A statistically significant improvement in muscle strength was observed, with muscle strength (handgrip dynamometry) increasing from 27.42 kg at baseline to 29.13 kg at follow-up (p = 0.0025), indicating enhanced muscular performance and improved functional status and physical resilience, which are predictive of better clinical outcomes. This aligns with findings from a single-center randomized trial in advanced patients with cancer, where a leucine-rich ONS significantly improved handgrip strength from 35.8 ± 9.8 kg to 37.6 ± 10.0 kg over three months [48]. Our results are further supported by Cornejo-Pareja et al. (2021), who reported a significant increase in handgrip strength (p < 0.05) in patients receiving a cHPHC-ONS [30]. Similarly, Kang et al. (2024) demonstrated a significant improvement in handgrip strength (p = 0.002) following an eight-week ONS regimen in patients with cancer cachexia [46]. Also, Vegas-Aguilar et al. (2025) demonstrated a significant increase in handgrip strength (from 24.3 kg to 25.6 kg, p = 0.001) in malnourished outpatients (with or without cancer) receiving ONS [47].

Functional capacity, assessed via the TUG test, also improved significantly, with mean completion time decreasing from 10.32 s to 9.19 s (p = 0.0003), reflecting enhanced mobility and physical performance. This aligns with findings from Kang et al., who reported a significant improvement in functional capacity through a four-meter walk test (p = 0.021) among patients with solid tumors undergoing systemic chemotherapy and receiving ONS [46], and Vegas-Aguilar et al., who observed a significant reduction in TUG time from 7.54 to 7.07 s (p = 0.001) in malnourished outpatients [47].

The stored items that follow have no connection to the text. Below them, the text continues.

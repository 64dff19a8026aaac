-- ===== src/Runs/Tensors.antt =====
-- A small file parsed and planned, and a cache of one layer.
use project_willamette.Prelude.{
  ℕ, ◌+◌, ◌*◌, ◌≤◌, ◌<◌, ◌≡◌, refl, arith, true, some, List, [], ◌∷◌, length, ◌⊎◌, u64_mod,
  checked_add, checked_sub, checked_mul, ◌/◌, ◌==◌,
}
use Prim.Native.Nat.{max}
use project_willamette.Gguf.Result.{ok}
use project_willamette.Gguf.Types.{from_raw, to_raw, to_raw-from_raw, q6_k, f32}
use project_willamette.Gguf.Lengths.{
  compute_tensor_byte_len, q6k_expected_byte_len, row_local_len, checked_product,
}
use project_willamette.Gguf.Lengths.Exact.{product, compute_tensor_byte_len-exact}
use project_willamette.Gguf.Views.{slice}
use project_willamette.Gguf.Views.Checked.{footprint}
use project_willamette.Gguf.Views.Disjoint.{parse_in_bounds, parse_disjoint}
use project_willamette.Gguf.Linker.{
  ArtifactProfile, Transform, LinkPlan, TensorPlan, PlannedTensor, build_plan, plan_loop, plan_one,
  align_offset, close_previous, selected, add_entries, next_start, physical_order, insert_by_offset,
  reverse, copy, quantize_f16_to_q6_k,
}
use project_willamette.Gguf.Linker.Tiled.{Tiled, build_plan-Tiled}
use project_willamette.KvCache.State.{Floats, KvCache}
use project_willamette.KvCache.Cache.{try_new, new_layers, position, first_position, rollback}
use project_willamette.KvCache.Valid.{IsValid, try_new-IsValid}
use project_willamette.KvCache.Rollback.{IsSynchronized, appends, rollback-appends}
use project_willamette.Runs.File.{file, parsed_file, parse-file, view_a, view_b}

to_raw-from_raw_example : to_raw (from_raw 36) ≡ 36
to_raw-from_raw_example = to_raw-from_raw 36

abbrev q6k_shape : List ℕ
q6k_shape = 512 ∷ 3 ∷ []

q6k_len : compute_tensor_byte_len q6k_shape q6_k ≡ ok (some 1260)
unfolding compute_tensor_byte_len q6k_expected_byte_len row_local_len checked_product checked_mul
q6k_len = refl

compute_tensor_byte_len-exact_example : (1260 * 256 ≡ product q6k_shape * 210) × (1260 < u64_mod)
compute_tensor_byte_len-exact_example =
    compute_tensor_byte_len-exact q6k_shape q6_k 256 210 1260 refl q6k_len

parse_in_bounds_example :
    (view_a.offset + footprint view_a ≤ length file)
    × (view_a.bytes ≡ slice file view_a.offset (view_a.offset + view_a.byte_len))
    × (length view_a.bytes ≡ view_a.byte_len)
    × (compute_tensor_byte_len view_a.shape view_a.ggml_type ≡ ok (some view_a.byte_len))
parse_in_bounds_example = parse_in_bounds file parsed_file parse-file 0 view_a refl

parse_disjoint_example :
    (view_a.offset + footprint view_a ≤ view_b.offset)
    ⊎ (view_b.offset + footprint view_b ≤ view_a.offset)
parse_disjoint_example =
    parse_disjoint file parsed_file parse-file 0 1 view_a view_b refl refl (omega arith)

-- The tensor at index 0 is transformed to six bytes.
abbrev transform : Transform
transform = record { architecture = []; source_index = 0; output_type = q6_k; output_bytes = 6 }

abbrev plan_a : TensorPlan
plan_a = record {
  name = 97 ∷ [];
  action = quantize_f16_to_q6_k;
  source_type = f32;
  output_type = q6_k;
  source_offset = 100;
  output_offset = 128;
  source_primary_bytes = 4;
  output_primary_bytes = 6;
  source_slot_bytes = 4;
  output_slot_bytes = 6;
}

abbrev plan_b : TensorPlan
plan_b = record {
  name = 98 ∷ [];
  action = copy;
  source_type = f32;
  output_type = f32;
  source_offset = 96;
  output_offset = 96;
  source_primary_bytes = 4;
  output_primary_bytes = 4;
  source_slot_bytes = 4;
  output_slot_bytes = 32;
}

abbrev plan : LinkPlan
plan = record {
  profile = ArtifactProfile.embedding_q6_k;
  architecture = [];
  source_bytes = 104;
  output_bytes = 134;
  alignment = 32;
  tensor_count = 2;
  tensors = plan_b ∷ plan_a ∷ [];
  changes =
      record {
        name = 97 ∷ [];
        source_type = f32;
        output_type = q6_k;
        source_bytes = 4;
        output_bytes = 6;
        source_offset = 100;
        output_offset = 128;
      }
      ∷ [];
}

abbrev planned_b : PlannedTensor
planned_b = record {
  source_index = 1;
  source_slot_end = 100;
  output_relative_offset = 0;
  output_type = f32;
  output_primary_bytes = 4;
  action = copy;
}

abbrev planned_a : PlannedTensor
planned_a = record {
  source_index = 0;
  source_slot_end = 104;
  output_relative_offset = 32;
  output_type = q6_k;
  output_primary_bytes = 6;
  action = quantize_f16_to_q6_k;
}

abbrev planned : List PlannedTensor
planned = planned_b ∷ planned_a ∷ []

plan_ok : build_plan ArtifactProfile.embedding_q6_k 104 parsed_file transform ≡ ok (plan, planned)
unfolding build_plan plan_loop plan_one align_offset close_previous selected add_entries next_start
    physical_order insert_by_offset checked_add checked_sub
plan_ok = refl

build_plan-Tiled_example :
    (ts : List TensorPlan) × (plan.tensors ≡ reverse ts)
    × Tiled parsed_file.data_section_start parsed_file.alignment ts plan.output_bytes
build_plan-Tiled_example =
    build_plan-Tiled ArtifactProfile.embedding_q6_k 104 parsed_file transform plan planned
      (omega arith) plan_ok

-- Numbers in place of floats; a vector of zeros has no scale.
abbrev floats : Floats ℕ ℕ
floats = record {
  zero_f32 = 0;
  one_two_seven = 127;
  zero_i8 = 0;
  abs = λ x. x;
  max = max;
  div = ◌/◌;
  mul = ◌*◌;
  equals = ◌==◌;
  is_finite = λ x. true;
  to_i8 = λ x. x;
}

abbrev cache : KvCache ℕ ℕ
cache = record {
  n_layers = 1;
  kv_dim = 2;
  max_seq_len = 4;
  layers = record { k_quant = []; k_scales = []; v_quant = []; v_scales = [] } ∷ [];
}

made : try_new (λ n. true) 1 2 4 ≡ ok cache
unfolding try_new new_layers checked_mul
made = refl

try_new-IsValid_example : IsValid cache × (position cache ≡ 0)
try_new-IsValid_example = try_new-IsValid (λ n. true) 1 2 4 cache made

made-IsValid : IsValid cache
made-IsValid = (try_new-IsValid (λ n. true) 1 2 4 cache made).0

empty-IsSynchronized : IsSynchronized cache
unfolding position first_position
empty-IsSynchronized = (refl, tt)

rollback-appends_example :
    (c' : KvCache ℕ ℕ) × (appends floats cache ((0, 5 ∷ 6 ∷ [], 7 ∷ 8 ∷ []) ∷ (3, [], []) ∷ [])
      ≡ some c')
    × (rollback (position cache) c' ≡ cache)
rollback-appends_example =
    rollback-appends floats cache ((0, 5 ∷ 6 ∷ [], 7 ∷ 8 ∷ []) ∷ (3, [], []) ∷ []) made-IsValid
      empty-IsSynchronized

The cHPHC-ONS utilized in our study is distinguished by its content of ≥2.1 kcal/mL, 32 g of protein per 200 mL, with a combination of high-quality whey protein and casein, and around 3.6 g of intrinsic leucine per bottle. In combination with personalized dietary counseling and a structured physical exercise program, this formulation led to significant improvements in both muscle strength (handgrip dynamometry) and functional capacity (TUG test), strongly suggesting that proteins and leucine play a key role in supporting muscle growth and function. In a previous (2024) real-world study, López-Gómez et al. evaluated the same cHPHC-ONS as used in our study to monitor clinical outcomes in patients with DRM. Their findings showed an increase in mean handgrip strength from 22.12 ± 9.52 kg to 23.16 ± 9.69 kg over three months; however, this change did not reach statistical significance (p = 0.07). In contrast, our study demonstrated a significant improvement, with the mean handgrip strength rising from 27.42 ± 10.28 kg at baseline to 29.13 ± 10.81 kg after three months of comprehensive nutritional support (p = 0.0025) [35]. These results suggest that while in both studies interventions were associated with gains in muscle strength, our program produced a more robust and statistically significant improvement in handgrip dynamometry for the total population. This enhanced effect may be attributed to the inclusion of physical exercise guidance alongside cHPHC-ONS and dietary counseling in our study, whereas the study by López-Gómez et al. incorporated only cHPHC-ONS and dietary counseling.

The favorable improvements observed in muscle strength and muscle mass in our study are likely attributable to the combined effects of cHPHC-ONS supplementation, dietary counseling, and physical exercise (resistance training). Resistance exercise is a strong anabolic stimulus, while adequate protein and targeted supplementation enhance the exercise-induced muscle protein synthetic response and help counteract cancer-related catabolism [49]. Evidence from oncology patients supports this synergistic effect, with combined exercise and nutritional interventions showing greater benefits for preserving skeletal muscle mass, physical function, and patient-reported outcomes [50]. Together, these findings support a multimodal strategy and align with the integrated intervention applied in our study.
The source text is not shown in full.